Ybor City Tap House has 28 prior inspections on record. Pho 813 has 29. Both are established operations with substantial inspection histories, and both drew high-severity violations this week in categories, food temperatures at Ybor, chemical storage at Pho 813, that are among the most straightforward to correct.
Spartaco's Kitchen and Popeyes on Fletcher each have 24 prior inspections. BT and Brother Trattoria share the same count: 21 each, and they sit within blocks of each other on S. MacDill. BT's six high-severity findings this week represent the most concentrated single-visit record of any facility on the street.

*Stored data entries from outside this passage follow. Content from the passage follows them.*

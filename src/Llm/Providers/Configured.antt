-- ===== src/Llm/Providers/Configured.antt =====
-- `provider_chain_names` of app/services/llm.py, and the names it gives.
use edtech_back.Base.{
  ◌≡◌, refl, Bool, true, false, not, ◌&&◌, List, [], ◌∷◌, Text, codes, text_eq, text_eq_iff,
  contains_text, nonempty, select, all, arith, Bool-cases, inl, inr,
}
use edtech_back.Llm.Providers.{
  LlmSettings, fallback_names, ordered_from, provider_chain_names, is_configured, get_provider,
}

-- no text twice
pub all_different : List Text → Bool
all_different [] = true
all_different (n ∷ ns) = not (contains_text n ns) && all_different ns

ordered_from-contains :
    (seen ns : List Text) (n : Text)
    → contains_text n (ordered_from seen ns) ≡ (contains_text n ns && not (contains_text n seen))
unfolding ordered_from contains_text
ordered_from-contains seen [] n = refl
ordered_from-contains seen (m ∷ ms) n =
    let skipped = ordered_from-contains seen ms n in
    let kept = ordered_from-contains (m ∷ seen) ms n in
    ground (arith, text_eq_iff n m, text_eq_iff m n)

ordered_from-all_different : (seen ns : List Text) → all_different (ordered_from seen ns) ≡ true
unfolding ordered_from all_different contains_text
ordered_from-all_different seen [] = refl
ordered_from-all_different seen (m ∷ ms) =
    let skipped = ordered_from-all_different seen ms in
    let kept = ordered_from-all_different (m ∷ seen) ms in
    let new = ordered_from-contains (m ∷ seen) ms m in ground (arith, text_eq_iff m m)

select-contains :
    (p : Text → Bool) (n : Text) (ns : List Text)
    → contains_text n (select p ns) ≡ (contains_text n ns && p n)
unfolding select contains_text
select-contains p n [] = refl
select-contains p n (m ∷ ms) = ground (arith, text_eq_iff n m, select-contains p n ms)

select-all_different :
    (p : Text → Bool) (ns : List Text)
    → all_different ns ≡ true
    → all_different (select p ns) ≡ true
unfolding select all_different
select-all_different p [] h = refl
select-all_different p (n ∷ ns) h =
    ground (arith, select-contains p n ns, select-all_different p ns)

select-all : (p : Text → Bool) (ns : List Text) → all p (select p ns) ≡ true
unfolding select all
select-all p [] = refl
select-all p (n ∷ ns) = ground (arith, select-all p ns)

contains_text-empty : (n : Text) → contains_text n [] ≡ false
unfolding contains_text
contains_text-empty n = refl

nonempty-contains : (n : Text) (ns : List Text) → nonempty ns ≡ false → contains_text n ns ≡ false
unfolding contains_text
nonempty-contains n [] h = refl
nonempty-contains n (m ∷ ms) h = cc

mock_alone :
    (settings : LlmSettings)
    → (all_different (codes "mock" ∷ []) ≡ true)
      × (all (is_configured settings) (codes "mock" ∷ []) ≡ true)
unfolding all_different contains_text all is_configured text_eq
mock_alone settings = (refl, refl)

-- Whatever the settings, the chain has a provider, has none twice, and has none without its key; and
-- a name of the setting, primary or fallback, whose key is configured is in it.
pub get_provider-is_configured :
    (settings : LlmSettings) (name : Text)
    → let chain = get_provider settings in
      (nonempty chain ≡ true)
      × (all_different chain ≡ true)
      × (all (is_configured settings) chain ≡ true)
      × ((is_configured settings name
            && contains_text name
                (settings.ai_provider ∷ fallback_names settings.ai_fallback_providers)
            && not (contains_text name chain))
          ≡ false)
unfolding get_provider provider_chain_names
get_provider-is_configured settings name =
    let names = settings.ai_provider ∷ fallback_names settings.ai_fallback_providers in
    let chosen = select (is_configured settings) (ordered_from [] names) in
    let once =
      select-all_different (is_configured settings) (ordered_from [] names)
        (ordered_from-all_different [] names) in
    let usable = select-all (is_configured settings) (ordered_from [] names) in
    let there : contains_text name chosen ≡ (
        (contains_text name names && not (contains_text name [])) && is_configured settings name) =
      rw
        (
          select-contains (is_configured settings) name (ordered_from [] names),
          ordered_from-contains [] names name,
        )
        refl in
    let unseen = contains_text-empty name in
    elim (Bool-cases (nonempty chosen)) [
      | inl built ↦ rw built (built, once, usable, ground arith)
      | inr bare ↦
          let absent = nonempty-contains name chosen bare in
          rw bare (refl, (mock_alone settings).0, (mock_alone settings).1, ground arith)
    ]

Rome and Fig and Tasty Mediterranean Grill have the shortest inspection histories in this week's group, at 12 and 14 visits respectively. Rome and Fig's three high-severity violations, including chemical storage and no health policy, arrived relatively early in its documented record. Tasty Mediterranean Grill, despite only 14 prior inspections, had already accumulated a shellfish traceability violation this week, a citation that requires specific record-keeping practices that should be in place from the first day shellfish appears on the menu.
BT's food-from-unapproved-sources citation, combined with its undercooking violation and shellfish records failure, remained unresolved in state records at the time this report was filed.